As for the need for gastrostomy, when analyzed based on the initial randomization group, it was observed that in the group with the lowest dose of AdMSC no patient needed gastrostomy. In the rest of the groups, they did need it with a greater probability than in the lower stem cell group. However, when comparing the probability of needing gastrostomy within each group, in all groups except the placebo group there was a higher proportion of patients who did not need gastrostomy (100% (lower dose of AdMSC), 66.67% (medium dose of AdMSC) and 50% (higher dose of AdMSC) versus 40% (placebo), p = 0.030). Nonetheless, when analyzed based on the dose of AdMSC received, the probability of needing gastrostomy did not differ significantly between treatment groups (p = 0.107).
When analyzing the time to gastrostomy based on the initial randomization group, the survival curves differed (Figure 3) and Cox regression indicated a nominally significant difference (Likelihood Ratio Test, p = 0.040). By contrast, the analysis by dose of AdMSC actually received, was not significant (Likelihood Ratio Test, p = 0.090) (Figure 4). Given the small sample and multiple exploratory comparisons, these findings should be interpreted cautiously.

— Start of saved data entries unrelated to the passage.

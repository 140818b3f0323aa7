-- ===== src/Fragment/Copies.antt =====
-- Step 3: copies are emitted for a match and for those that follow at once, and no access leaves the
-- input or the table.
use csnappy.Common.{
  ℕ, zero, suc, ◌+◌, ◌-◌, ◌^◌, ◌≤◌, ◌<◌, ◌≡◌, inl, inr, arith, tests, ap, ◌∙◌, List, length,
  get_elem?, All, some, leb, ◌==◌, Bool-cases, true,
}
use csnappy.Words.{le_value, part, load32, load64, get_uint32_at_offset}
use csnappy.Words.Loads.{load32_lem, load64_lem}
use csnappy.Words.Eight.{get_uint32_at_offset-load64}
use csnappy.Emit.{Out}
use csnappy.Emit.LongCopy.{emit_copy-Copied}
use csnappy.Match.{Matcher, Matches}
use csnappy.Match.Laws.{Matches-of_load32, Matches-add}
use csnappy.Fragment.{Copied, stopped, unmatched, hash_bytes, put_table, copy_matches}
use csnappy.Fragment.Table.{IsTable, IsPower, get-IsTable, put-IsTable, hash_bytes-lt}
use csnappy.Fragment.Progress.{Progress, Progress-more, Progress-copy}

module _ (prefix input : List ℕ) (start : Out) (size ip_limit : ℕ) where
  -- The output is up to `ip`, which lies past the start of the match.
  pub record IsUnmatched (from : ℕ) (out : Out) (ip : ℕ) (table : List ℕ) (hash : ℕ) : Type 0 where
    pub later : from < ip
    pub in_limit : ip < ip_limit
    pub progress : Progress prefix input start 0 ip out
    pub table_ok : IsTable size (ip + 1) table
    pub hash_ok : hash < size

  pub record IsStopped (out : Out) (ip : ℕ) : Type 0 where
    pub within : ip ≤ length input
    pub progress : Progress prefix input start 0 ip out

  abbrev pub IsCopied : ℕ → Copied → Type 0
  IsCopied from (stopped out ip) = IsStopped out ip
  IsCopied from (unmatched out ip table hash) = IsUnmatched from out ip table hash

  pub IsCopied-later :
      (from from' : ℕ) (r : Copied) → from ≤ from' → IsCopied from' r → IsCopied from r
  IsCopied-later from from' (stopped out ip) h s = s
  IsCopied-later from from' (unmatched out ip table hash) h s = record {
    later = omega (arith, s.later);
    in_limit = s.in_limit;
    progress = s.progress;
    table_ok = s.table_ok;
    hash_ok = s.hash_ok;
  }

module _ (m : Matcher) (prefix input : List ℕ) (start : Out) (power ip_limit : ℕ)
    (power_ok : IsPower power) (bytes : All (λ b. b < 256) input)
    (margin : ip_limit + 15 ≡ length input) (block : length input ≤ 2 ^ 15) where
  abbrev size : ℕ
  size = 2 ^ (power - 1)

  abbrev hash_at : ℕ → ℕ → ℕ
  hash_at v offset = hash_bytes (get_uint32_at_offset v offset) (33 - power)

  -- Both table updates behind a copy that ends at `ip`, and the next candidate.
  record Updated (table : List ℕ) (ip v : ℕ) : Type 0 where
    table1 : List ℕ
    candidate : ℕ
    table2 : List ℕ
    put1 : put_table table (hash_at v 0) (ip - 1) ≡ some table1
    get : get_elem? table1 (hash_at v 1) ≡ some candidate
    put2 : put_table table1 (hash_at v 1) ip ≡ some table2
    before : candidate < ip
    table_ok : IsTable size (ip + 1) table2

  update :
      (table : List ℕ) (from ip v : ℕ)
      → IsTable size (from + 1) table
      → from < ip
      → ip < 2 ^ 15
      → Updated table ip v
  update table from ip v t lt small =
      let h = λ (k : ℕ). hash_bytes-lt power (get_uint32_at_offset v k) power_ok in
      let (table1, put1, t1) =
        put-IsTable (hash_at v 0) (ip - 1) ip t (h 0) (omega arith) (omega arith) in
      let (candidate, get, before) = get-IsTable (hash_at v 1) t1 (h 1) in
      let (table2, put2, t2) =
        put-IsTable (hash_at v 1) ip (ip + 1) t1 (h 1) (omega arith) (omega arith) in
      record {
        table1 = table1;
        candidate = candidate;
        table2 = table2;
        put1 = put1;
        get = get;
        put2 = put2;
        before = before;
        table_ok = t2;
      }

  -- The word behind the copy and its candidate agree: a match of four bytes.
  next_match :
      (ip candidate v there : ℕ)
      → 1 ≤ ip
      → ip < ip_limit
      → candidate < ip
      → load64 input (ip - 1) ≡ some v
      → load32 input candidate ≡ some there
      → (get_uint32_at_offset v 1 == there) ≡ true
      → Matches input candidate ip 4
  next_match ip candidate v there pos le lt ev et same =
      let e : ip - 1 + 1 ≡ ip = omega arith in
      Matches-of_load32 input candidate ip there (omega arith) (omega arith) bytes et (
        (rw e at
          (get_uint32_at_offset-load64 input (ip - 1) 1 v (omega arith) (omega arith) bytes ev))
        ∙ ap (λ (t : ℕ). some t) (omega tests))

  -- The loop from a match of four bytes on.
  pub copy_matches-IsCopied :
      (fuel : ℕ) (out : Out) (base candidate : ℕ) (table : List ℕ)
      → candidate < base
      → base < ip_limit
      → ip_limit < fuel + base
      → Matches input candidate base 4
      → IsTable size (base + 1) table
      → Progress prefix input start 61 base out
      → (r : Copied) × (copy_matches m input (33 - power) ip_limit fuel out base candidate table
          ≡ some r)
        × IsCopied prefix input start size ip_limit base r
  unfolding copy_matches
  copy_matches-IsCopied zero out base candidate table lt le f four t p = absurd (omega arith)
  copy_matches-IsCopied (suc fuel) out base candidate table lt le f four t p =
      let (n, en, l) =
        m.finds input (candidate + 4) (base + 4) (length input) (omega arith) (omega arith)
          (omega arith) bytes in
      let ip : ℕ = base + (4 + n) in
      let (out', eo, c) =
        emit_copy-Copied (base - candidate) (omega arith) (omega arith) out (4 + n) (omega arith) in
      let p' : Progress prefix input start 0 ip out' =
        Progress-copy prefix input start base candidate (4 + n) out out' lt (omega arith)
          (omega (arith, l.within)) (Matches-add input 4 n candidate base four l.same) p c in
      elim (Bool-cases (leb ip_limit ip)) [
        | inl near ↦ (
          stopped out' ip,
          rw (en, eo, near),
          record { within = omega (arith, l.within); progress = p' },
        )
        | inr room ↦
            (let v = le_value (part input (ip - 1) 8) in
              let ev : load64 input (ip - 1) ≡ some v = load64_lem input (ip - 1) (omega tests) in
              let u : Updated table ip v = update table base ip v t (omega arith) (omega tests) in
              let there = le_value (part input u.candidate 4) in
              let et : load32 input u.candidate ≡ some there =
                load32_lem input u.candidate (omega (tests, u.before)) in
              elim (Bool-cases (get_uint32_at_offset v 1 == there)) [
                | inl same ↦
                    (let (r, er, ok) =
                        copy_matches-IsCopied fuel out' ip u.candidate u.table2 u.before
                          (omega tests) (omega arith)
                          (next_match ip u.candidate v there (omega arith) (omega tests) u.before ev
                            et same)
                          u.table_ok (Progress-more prefix input start ip out' p') in
                      (
                        r,
                        rw (en, eo, room, ev, u.put1, u.get, et, u.put2, same) er,
                        IsCopied-later prefix input start size ip_limit base ip r (omega arith) ok,
                      ))
                | inr other ↦ (
                  unmatched out' ip u.table2 (hash_at v 2),
                  rw (en, eo, room, ev, u.put1, u.get, et, u.put2, other),
                  record {
                    later = omega arith;
                    in_limit = omega tests;
                    progress = p';
                    table_ok = u.table_ok;
                    hash_ok = hash_bytes-lt power _ power_ok;
                  },
                )
              ])
      ]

Time to gastrostomy by initial randomization group (Kaplan–Meier). Groups: placebo; AdMSC 1 × 106, 2 × 106, 4 × 106 cells/kg; risk table shown. Cox model Likelihood Ratio Test p = 0.040 (nominal; interpret cautiously).
Time to gastrostomy by dose actually received (Kaplan–Meier). Groups: AdMSC 1 × 106, 2 × 106, 4 × 106 cells/kg; risk table shown. Cox model Likelihood Ratio Test p = 0.090.

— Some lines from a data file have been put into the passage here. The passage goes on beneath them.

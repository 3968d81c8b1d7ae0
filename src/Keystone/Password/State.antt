-- ===== src/Keystone/Password/State.antt =====
-- operators/keystone/internal/controller/reconcile_passwordrotation.go: what the rotation of the
-- admin password reads of the CR, its client, and the check of a staged password.
use Prim.Native.String.{len}
use c5c3_forge.Prelude.{
  ℕ, Bool, false, ◌==◌, List, [], ◌∷◌, String, Option, none, some, ℤ, pos, negsuc, ltb, is_none,
  lookup, if◌then◌else◌,
}
use c5c3_forge.Kube.Text.{concat}
use c5c3_forge.Kube.Error.{Error, Answer, plain}
use c5c3_forge.Release.Atoi.{decimal}
use c5c3_forge.Rotation.{Secret, SecretClient, CommitSpec}

-- PasswordRotationSpec, but for what only the CronJob reads.
pub record PasswordRotationSpec : Type 0 where
  pub enabled : Bool
  pub password_length : ℤ

-- Of the Keystone CR: its name, namespace, generation and spec.passwordRotation.
pub record PasswordOwner : Type 0 where
  pub name : String
  pub namespace : String
  pub generation : ℕ
  pub password_rotation : Option PasswordRotationSpec

-- The kinds of the objects that a teardown deletes, and such an object, in the CR's namespace.
pub data PasswordKind : Type 0 where
  cron_job secret role_binding role service_account push_secret : PasswordKind

pub record PasswordObject : Type 0 where
  pub kind : PasswordKind
  pub name : String

-- The client. The functions named ensure_* ensure objects that are built from the CR: the push source's
-- labels and owner (controllerutil.CreateOrUpdate), the staging Secret's, the RBAC, the script's
-- ConfigMap, the CronJob and the PushSecret; `prune_scripts` is PruneImmutableConfigMaps.
pub record PasswordClient (W : Type 0) : Type 0 where
  pub secrets : SecretClient W
  pub ensure_push_source : W → String → W × Answer Secret
  pub ensure_staging : W → String → String → W × Answer Secret
  pub ensure_rbac : W → String → W × Option Error
  pub ensure_script : W → String → W × Answer String
  pub ensure_cron_job : W → String → W × Option Error
  pub ensure_push_secret : W → String → W × Option Error
  pub delete : W → PasswordObject → W × Option Error
  pub prune_scripts : W → String → W × Option Error

-- normalizedAdminPasswordLength.
abbrev length_or_default : ℤ → ℕ
length_or_default (pos n) = if n == 0 then 32 else if ltb n 24 then 24 else n
length_or_default (negsuc n) = 24

abbrev pub normalized_admin_password_length : Option PasswordRotationSpec → ℕ
normalized_admin_password_length none = 32
normalized_admin_password_length (some r) = length_or_default r.password_length

-- `pr == nil || !pr.Enabled` is false.
abbrev pub is_enabled : Option PasswordRotationSpec → Bool
is_enabled none = false
is_enabled (some r) = r.enabled

abbrev password_error : ℕ → Option String → Option Error
password_error min none =
    some (plain "admin password missing: staging secret has no non-empty \"password\" value")
password_error min (some password) =
    if len password == 0
    then some (plain "admin password missing: staging secret has no non-empty \"password\" value")
    else if ltb (len password) min
    then some (
        plain (
          concat (
            "admin password too short: got "
            ∷ decimal (len password)
            ∷ ", want >= "
            ∷ decimal min
            ∷ [])))
    else none

-- validateAdminPasswordRotationOutput.
unfoldable pub validate_admin_password : List (String × String) → ℕ → Option Error
validate_admin_password payload min = password_error min (lookup "password" payload)

-- adminPasswordPushSourceReady, for a Secret that is not nil.
abbrev pub push_source_ready : Secret → ℕ → Bool
push_source_ready push_source min = is_none (validate_admin_password push_source.payload min)

-- The CommitSpec of applyAdminPasswordRotation.
abbrev pub password_spec : ℕ → CommitSpec
password_spec min = record {
  target_noun = "push-source secret";
  validate = λ payload. validate_admin_password payload min;
  clear_staging_on_reject = false;
  annotation_invalid_reason = "AdminPasswordRotationAnnotationInvalid";
  rejected_reason = "AdminPasswordRotationRejected";
  applied_reason = "AdminPasswordRotated";
  applied_message =
      λ name payload. concat ("admin password rotation applied from staging secret " ∷ name ∷ []);
}

abbrev pub named : PasswordOwner → String → String
named k suffix = concat (k.name ∷ suffix ∷ [])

Only two patients needed permanent assisted ventilation (PAV), one from the lower dose of AdMSC group, and another from the medium dose of AdMSC group. In both cases, PAV was established during an event of respiratory failure in the additional follow-up period. Both patients also needed tracheostomy to be performed during the course of those events.
Regarding the overall survival, 57.5% (23/40) of the patients died during the study. 2 patients died during the first 6 months, all from the medium dose of AdMSC group. Deaths during the study were clustered between 13 and 32 months, during the additional follow-up. Taking the entire follow-up period as the analysis time, the median survival was 872 days. No ITT patient died until approximately 200 days since baseline, with a sharp drop in the survival curve between day 400 and day 1,000. In addition, there was a high rate of abandonment between days 1,200 and 1,300 (Figure 5).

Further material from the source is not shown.